___ Data shown ___

-- ===== src/Transfer/Partial/Names.antt =====
-- The names of the files of a transfer, and the conversions between int64 and uint64, in
-- internal/transfer/transfer.go.
use gmmff.Prelude.{
  ℕ, zero, suc, ◌-◌, ◌%◌, ◌^◌, [], ◌∷◌, ◌++◌, Option, none, some, ltb, ◌==◌, length, take,
  if◌then◌else◌,
}
use gmmff.Prelude.Int.{ℤ, pos, negsuc}
use gmmff.Prelude.Bytes.{Bytes, codes}
use gmmff.Transfer.Names.{dot}
use gmmff.Transfer.Folder.{Local}

abbrev pub partial_suffix : Bytes
partial_suffix = codes ".gmmff_partial"

abbrev pub meta_suffix : Bytes
meta_suffix = codes ".gmmff_meta"

-- int64(n) of a uint64
unfoldable pub int64_of : ℕ → ℤ
int64_of n = let m = n % 2 ^ 64 in if ltb m (2 ^ 63) then pos m else negsuc (2 ^ 64 - 1 - m)

-- uint64(n) of an int64
unfoldable pub uint64_of : ℤ → ℕ
uint64_of (pos n) = n % 2 ^ 64
uint64_of (negsuc n) = 2 ^ 64 - 1 - n % 2 ^ 64

-- filepath.Ext of a name without a separator: from the last dot on.
unfoldable pub ext_of : Bytes → Bytes
ext_of [] = []
ext_of (c ∷ s) =
    let rest = ext_of s in if ltb 0 (length rest) then rest else if c == dot then c ∷ s else []

-- strings.TrimSuffix(path, ext)
unfoldable pub base_of : Bytes → Bytes
base_of path = take (length path - length (ext_of path)) path

module _ (l : Local) where
  -- fmt.Sprintf("%s (%d)%s", base, i, ext)
  unfoldable pub variant : Bytes → ℕ → Bytes
  variant path i = base_of path ++ (codes " (" ++ (l.decimal i ++ (codes ")" ++ ext_of path)))

  -- The loop of uniquePath from `i` on.
  unfoldable pub free_variant : ℕ → ℕ → Bytes → l.folder.State → Option Bytes
  free_variant zero i path s = none
  free_variant (suc fuel) i path s =
      let rest = free_variant fuel (suc i) path s in
      if l.folder.is_absent (variant path i) s then some (variant path i) else rest

  unfoldable pub unique_path : ℕ → Bytes → l.folder.State → Option Bytes
  unique_path fuel path s =
      if l.folder.is_absent path s then some path else free_variant fuel 1 path s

___

» Problem to solve
Would you state how many lines of the data above hold the string "some"? Reply with the number alone.

» Answer to this exercise
3